Der Entscheid sorgte bei den in die Schweiz geflüchteten Ukrainerinnen und Ukrainern für Aufatmen: Der Schutzstatus S gilt mindestens bis März 2025, sollte sich die Lage in der Ukraine nicht massgeblich verbessern. Das hat der Bundesrat auf Antrag der damaligen Asylministerin Elisabeth Baume-Schneider (60) im November entschieden.
Allerdings kommt der derzeit für rund 65'000 Personen geltende Schutzstatus S zunehmend unter Beschuss – selbst im Bundesrat, wie nun verwaltungsinterne Dokumente belegen, die Blick gestützt auf das Öffentlichkeitsgesetz erhalten hat.
«Differenzierter Ansatz» für Schutzstatus
An vorderster Front stellt SVP-Bundesrat Albert Rösti (56) den Schutzstatus infrage. So beantragte sein Generalsekretär Yves Bichsel (52) in der Ämterkonsultation, «von einem pauschalen zu einem differenzierten Ansatz zu wechseln». Für Personen aus Gebieten, die «von der Kriegsfront weit entfernt» liegen, sollte ab diesem Frühjahr der Status S mit einer angemessenen Frist auslaufen – und deren Rückkehr mit geeigneten Massnahmen gefördert werden.
Ein solcher Ansatz trage der konkreten Lage vor Ort besser Rechnung. «Aufgrund der Grösse des Landes sind weite Gebiete wenig oder gar nicht von Kampfhandlungen betroffen», argumentierte Bichsel. Die Kämpfe würden sich auf gewisse Gebiete beschränken. Und: «Der Frontverlauf ist seit vergangenem Spätherbst weitgehend unverändert geblieben.» Bichsel spricht denn auch von einer Stabilisierung der Lage. «Dies wird auch durch den Umstand unterstrichen, dass Tausende von Ukrainern wieder in ihre Heimat zurückkehren.»
Auch die finanzielle Tragweite und die ausländerpolitische Dimension spreche für eine baldige Rückkehr, mahnte Bichsel. Letzteres liege auch im Interesse der Ukraine selbst, um einen Zusammenbruch von Wirtschaft und Gesellschaft zu verhindern und Normalität aufrechtzuerhalten.

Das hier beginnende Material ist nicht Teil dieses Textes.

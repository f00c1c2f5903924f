-- ===== src/Env/Masks/Filter.antt =====
-- The two masks are one filter on the ports.
use org_muhkuh_tools_flasher.Common.{
  ◌≡◌, refl, sym, ◌∙◌, Bool, true, false, ◌&&◌, ◌||◌, not, none, some, List, [], ◌∷◌, map,
  if◌then◌else◌, arith, Bool-cases, ap, inl, inr, ℕ,
}
use org_muhkuh_tools_flasher.Common.Words.{Word, is_infix}
use org_muhkuh_tools_flasher.Jasonixer.{Chip}
use org_muhkuh_tools_flasher.Env.Masks.{
  Mask, absent, list, text, is_set, is_asserted, entries, Row, new_row, white_row, black_row,
  collect, apply_masks,
}

-- Some entry of the list is part of the port.
pub mentions : List Word → Chip → Bool
mentions [] chip = false
mentions (w ∷ ws) chip = is_infix w chip.port || mentions ws chip

-- A chip is kept if no white list is set or some entry of it is part of the port, and no entry of
-- the black list is part of the port.
pub keeps : Mask → Mask → Chip → Bool
keeps black white chip =
    (not (is_set white) || mentions (entries white) chip) && not (mentions (entries black) chip)

unfoldable pub keep_all : (Chip → Bool) → List Chip → List Chip
keep_all p [] = []
keep_all p (chip ∷ chips) = let rest = keep_all p chips in if p chip then chip ∷ rest else rest

white_row_lem :
    (ws : List Word) (row : Row)
    → ((white_row ws row).white ≡ (row.white || mentions ws row.netx))
      × ((white_row ws row).netx ≡ row.netx)
      × ((white_row ws row).black ≡ row.black)
unfolding white_row mentions
white_row_lem [] row = ground arith
white_row_lem (w ∷ ws) row = ground (arith, white_row_lem ws row)

black_row_lem :
    (bs : List Word) (row : Row)
    → ((black_row bs row).black ≡ (row.black && not (mentions bs row.netx)))
      × ((black_row bs row).netx ≡ row.netx)
      × ((black_row bs row).white ≡ row.white)
unfolding black_row mentions
black_row_lem [] row = ground arith
black_row_lem (b ∷ bs) row = ground (arith, black_row_lem bs row)

keep_all-true :
    (p : Chip → Bool) (chips : List Chip) → ((c : Chip) → p c ≡ true) → keep_all p chips ≡ chips
unfolding keep_all
keep_all-true p [] h = refl
keep_all-true p (c ∷ chips) h = rw (h c) (ap (λ (l : List Chip). c ∷ l) (keep_all-true p chips h))

mentions-entries : (m : Mask) (chip : Chip) → is_set m ≡ false → mentions (entries m) chip ≡ false
unfolding mentions
mentions-entries absent chip h = refl
mentions-entries (list []) chip h = refl
mentions-entries (list (w ∷ ws)) chip h = absurd (true-false h)
  where
    true-false : true ≡ false → ⊥
    true-false e = cc
mentions-entries (text w) chip h = refl

-- A row after both loops, by the tests on the masks and their entries.
mark : Bool → Bool → List Word → List Word → Row → Row
mark true true ws bs row = black_row bs (white_row ws row)
mark true false ws bs row = white_row ws row
mark false true ws bs row = black_row bs row
mark false false ws bs row = row

module _ (ws bs : List Word) (c : Chip) where
  mark-netx : (hw hb : Bool) → (mark hw hb ws bs (new_row c)).netx ≡ c
  unfolding mark
  mark-netx true true =
      ground (arith, white_row_lem ws (new_row c), black_row_lem bs (white_row ws (new_row c)))
  mark-netx true false = (white_row_lem ws (new_row c)).1
  mark-netx false true = (black_row_lem bs (new_row c)).1
  mark-netx false false = refl

  mark-white : (hb : Bool) → not (mark true hb ws bs (new_row c)).white ≡ not (mentions ws c)
  unfolding mark
  mark-white true =
      ap not ((black_row_lem bs (white_row ws (new_row c))).2 ∙ (white_row_lem ws (new_row c)).0)
  mark-white false = ap not (white_row_lem ws (new_row c)).0

  mark-black : (hw : Bool) → (mark hw true ws bs (new_row c)).black ≡ not (mentions bs c)
  unfolding mark
  mark-black true =
      (black_row_lem bs (white_row ws (new_row c))).0
      ∙ rw ((white_row_lem ws (new_row c)).1, (white_row_lem ws (new_row c)).2)
  mark-black false = (black_row_lem bs (new_row c)).0

pick_both :
    (a b : Bool) (x y : List Chip)
    → (if not a then y else if not (not (not b)) then x else y) ≡ (if a && not b then x else y)
pick_both true true x y = refl
pick_both true false x y = refl
pick_both false b x y = refl

pick_white : (a : Bool) (x y : List Chip) → (if not a then y else x) ≡ (if a && true then x else y)
pick_white true x y = refl
pick_white false x y = refl

pick_black :
    (b : Bool) (x y : List Chip) → (if not (not (not b)) then x else y) ≡ (if not b then x else y)
pick_black true x y = refl
pick_black false x y = refl

-- The last loop over marked rows is the filter.
collect-mark :
    (hw hb : Bool) (ws bs : List Word) (chips : List Chip)
    → (hb ≡ false → (c : Chip) → mentions bs c ≡ false)
    → collect hw hb (map (λ c. mark hw hb ws bs (new_row c)) chips)
      ≡ keep_all (λ c. (not hw || mentions ws c) && not (mentions bs c)) chips
unfolding collect keep_all
collect-mark hw hb ws bs [] h = refl
collect-mark true true ws bs (c ∷ chips) h =
    rw
      (
        collect-mark true true ws bs chips h,
        mark-white ws bs c true,
        mark-black ws bs c true,
        mark-netx ws bs c true true,
      )
      (pick_both (mentions ws c) (mentions bs c) _ _)
collect-mark true false ws bs (c ∷ chips) h =
    rw
      (
        collect-mark true false ws bs chips h,
        mark-white ws bs c false,
        h refl c,
        mark-netx ws bs c true false,
      )
      (pick_white (mentions ws c) _ _)
collect-mark false true ws bs (c ∷ chips) h =
    rw
      (
        collect-mark false true ws bs chips h,
        mark-black ws bs c false,
        mark-netx ws bs c false true,
      )
      (pick_black (mentions bs c) _ _)
collect-mark false false ws bs (c ∷ chips) h =
    rw (collect-mark false false ws bs chips h, h refl c, mark-netx ws bs c false false) refl

carrier-mark :
    (hw hb : Bool) (ws bs : List Word) (chips : List Chip)
    → (if hb
        then map
            (black_row bs)
            (if hw then map (white_row ws) (map new_row chips) else map new_row chips)
        else if hw
        then map (white_row ws) (map new_row chips)
        else map new_row chips)
      ≡ map (λ c. mark hw hb ws bs (new_row c)) chips
unfolding mark
carrier-mark true true ws bs [] = refl
carrier-mark true true ws bs (c ∷ chips) =
    ap (λ (l : List Row). black_row bs (white_row ws (new_row c)) ∷ l)
      (carrier-mark true true ws bs chips)
carrier-mark true false ws bs [] = refl
carrier-mark true false ws bs (c ∷ chips) =
    ap (λ (l : List Row). white_row ws (new_row c) ∷ l) (carrier-mark true false ws bs chips)
carrier-mark false true ws bs [] = refl
carrier-mark false true ws bs (c ∷ chips) =
    ap (λ (l : List Row). black_row bs (new_row c) ∷ l) (carrier-mark false true ws bs chips)
carrier-mark false false ws bs [] = refl
carrier-mark false false ws bs (c ∷ chips) =
    ap (λ (l : List Row). new_row c ∷ l) (carrier-mark false false ws bs chips)

-- With masks that are lists or are not set, in the order of the chips exactly those are returned
-- whose port has an entry of the white list as a part, if a white list is set, and no entry of the
-- black list.
pub apply_masks-keep_all :
    (chips : List Chip) (black white : Mask)
    → is_asserted black ≡ true
    → is_asserted white ≡ true
    → apply_masks chips black white ≡ some (keep_all (keeps black white) chips)
unfolding apply_masks keeps
apply_masks-keep_all chips black white ab aw = elim (Bool-cases (is_set black || is_set white)) [
  | inl t ↦
      rw (t, ab, aw)
        (ap some (
          ap (collect (is_set white) (is_set black))
            (carrier-mark (is_set white) (is_set black) (entries white) (entries black) chips)
          ∙ collect-mark (is_set white) (is_set black) (entries white) (entries black) chips
              (λ f c. mentions-entries black c f)))
  | inr f ↦ rw f (ap some (sym (keep_all-true (keeps black white) chips (kept f))))
]
  where
    kept : (is_set black || is_set white) ≡ false → (c : Chip) → keeps black white c ≡ true
    kept f c = ground (arith, mentions-entries black c)

-- A text that is not empty in place of a list of one mask is a failed assertion, whatever the
-- other mask is.
pub apply_masks-text :
    (chips : List Chip) (other : Mask) (c : ℕ) (w : Word)
    → (apply_masks chips (text (c ∷ w)) other ≡ none)
      × (apply_masks chips other (text (c ∷ w)) ≡ none)
unfolding apply_masks
apply_masks-text chips absent c w = (refl, refl)
apply_masks-text chips (list []) c w = (refl, refl)
apply_masks-text chips (list (v ∷ vs)) c w = (refl, refl)
apply_masks-text chips (text []) c w = (refl, refl)
apply_masks-text chips (text (d ∷ v)) c w = (refl, refl)
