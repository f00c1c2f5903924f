-- ===== src/Env/Identify/Touched.antt =====
-- Which chips `identify_connected_netx` touches.
use org_muhkuh_tools_flasher.Common.{
  ◌≡◌, refl, subst, Bool, true, false, Option, none, some, List, [], ◌∷◌, All, none-clash,
  some_unique, if◌then◌else◌,
}
use org_muhkuh_tools_flasher.Common.Io.{Io, ◌>>=◌, from_option, Keeps, bind-Keeps, if-Keeps}
use org_muhkuh_tools_flasher.Jasonixer.{Chip}
use org_muhkuh_tools_flasher.Env.Masks.{Mask, text, is_asserted, apply_masks}
use org_muhkuh_tools_flasher.Env.Masks.Filter.{
  keeps, keep_all, apply_masks-keep_all, apply_masks-text,
}
use org_muhkuh_tools_flasher.Env.Identify.{
  Flasher, detect_all, detect_listed, identify_connected_netx,
}

kept-All :
    (p : Chip → Bool) (chip : Chip) (chips : List Chip) (b : Bool)
    → p chip ≡ b
    → All (λ c. p c ≡ true) chips
    → All (λ c. p c ≡ true) (if b then chip ∷ chips else chips)
kept-All p chip chips true t a = (t, a)
kept-All p chip chips false f a = a

keep_all-All : (p : Chip → Bool) (chips : List Chip) → All (λ c. p c ≡ true) (keep_all p chips)
unfolding keep_all
keep_all-All p [] = tt
keep_all-All p (chip ∷ chips) =
    kept-All p chip (keep_all p chips) (p chip) refl (keep_all-All p chips)

-- What the masks leave passes them.
masked-All :
    (chips kept : List Chip) (black white : Mask)
    → is_asserted black ≡ true
    → is_asserted white ≡ true
    → apply_masks chips black white ≡ some kept
    → All (λ c. keeps black white c ≡ true) kept
masked-All chips kept black white ab aw e =
    subst (All (λ c. keeps black white c ≡ true))
      (some_unique (apply_masks-keep_all chips black white ab aw) e)
      (keep_all-All (keeps black white) chips)

pub apply_masks-All :
    (chips kept : List Chip) (black white : Mask)
    → apply_masks chips black white ≡ some kept
    → All (λ c. keeps black white c ≡ true) kept
apply_masks-All chips kept (text (c ∷ w)) white e =
    absurd (none-clash (apply_masks-text chips white c w).0 e)
apply_masks-All chips kept black (text (c ∷ w)) e =
    absurd (none-clash (apply_masks-text chips black c w).1 e)
apply_masks-All chips kept black white e = masked-All chips kept _ _ refl refl e

-- The masks as a step: what follows sees chips that pass them.
masked-Keeps :
    {W A : Type 0} (holds : W → Type 0) (kept : Option (List Chip)) (f : List Chip → Io W A)
    → ((chips : List Chip) → kept ≡ some chips → Keeps holds (f chips))
    → Keeps holds (from_option kept >>= f)
unfolding ◌>>=◌
masked-Keeps holds none f k w h = h
masked-Keeps holds (some chips) f k w h = k chips refl w h

module _ {W : Type 0} (flasher : Flasher W) (holds : W → Type 0) (black white : Mask)
    (listing : Keeps holds flasher.list_interfaces)
    (detection : (c : Chip)
      → keeps black white c ≡ true
      → Keeps holds (flasher.detect_netx c)) where
  detect_all-Keeps :
      (chips : List Chip)
      → All (λ c. keeps black white c ≡ true) chips
      → Keeps holds (detect_all flasher chips)
  unfolding detect_all
  detect_all-Keeps [] a = λ w h. h
  detect_all-Keeps (chip ∷ chips) (k, a) = bind-Keeps holds _ _ (detection chip k) (λ carrier.
      if-Keeps holds carrier.failed _ _ (detect_all-Keeps chips a) (
        bind-Keeps holds _ _ (λ w h. h)
          (λ c. bind-Keeps holds _ _ (detect_all-Keeps chips a) (λ cs w h. h))))

  detect_listed-Keeps : (chips : List Chip) → Keeps holds (detect_listed flasher black white chips)
  unfolding detect_listed
  detect_listed-Keeps [] = λ w h. h
  detect_listed-Keeps (chip ∷ chips) =
      masked-Keeps holds (apply_masks (chip ∷ chips) black white) _
        (λ kept e. detect_all-Keeps kept (apply_masks-All (chip ∷ chips) kept black white e))

  -- What "list_interfaces" keeps, and "detect_netx" on each chip whose port the masks allow, that
  -- `identify_connected_netx` keeps, also if it raises.
  pub identify_connected_netx-Keeps : Keeps holds (identify_connected_netx flasher white black)
  unfolding identify_connected_netx
  identify_connected_netx-Keeps = bind-Keeps holds _ _ listing (λ carrier.
      if-Keeps holds carrier.failed _ _ (λ w h. h)
        (bind-Keeps holds _ _ (λ w h. h) detect_listed-Keeps))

Gewalt jederzeit überall möglich
Eine nachhaltige Stabilisierung der Lage, geschweige denn ein Ende des Kriegs seien zurzeit nicht absehbar, hielt das Staatssekretariat für Migration (SEM) in seinem Aussprachepapier-Entwurf dagegen. Zwar teilte das SEM die Lage in der Ukraine in verschiedene Kategorien ein: in Regionen, die ganz oder teilweise durch Russland besetzt sind; in Regionen, in denen mehr oder weniger intensive Kampfhandlungen stattfinden, und schliesslich in Regionen unter ukrainischer Kontrolle, in denen keine Kampfhandlungen stattfinden.
«Jedoch kommt es auch in den letztgenannten Regionen zu russischen Angriffen mit Fernkampfwaffen, bei denen regelmässig auch zivile Ziele getroffen und zivile Opfer zu beklagen sind», warnte die Behörde. «Russland kann auch in diesen Regionen die Gewalt jederzeit und sehr rasch eskalieren lassen.» Die Fluchtbewegungen aus der Ukraine hinaus dürften daher ebenso anhalten wie die Rückkehr geflohener Personen.
Diese Überlegungen überzeugten die Mehrheit in der Landesregierung. Rösti, der die Forderung nach einer Schwächung des Schutzstatus auch in den Bundesrat eingebracht hatte, und sein Generalsekretär Bichsel liefen auf.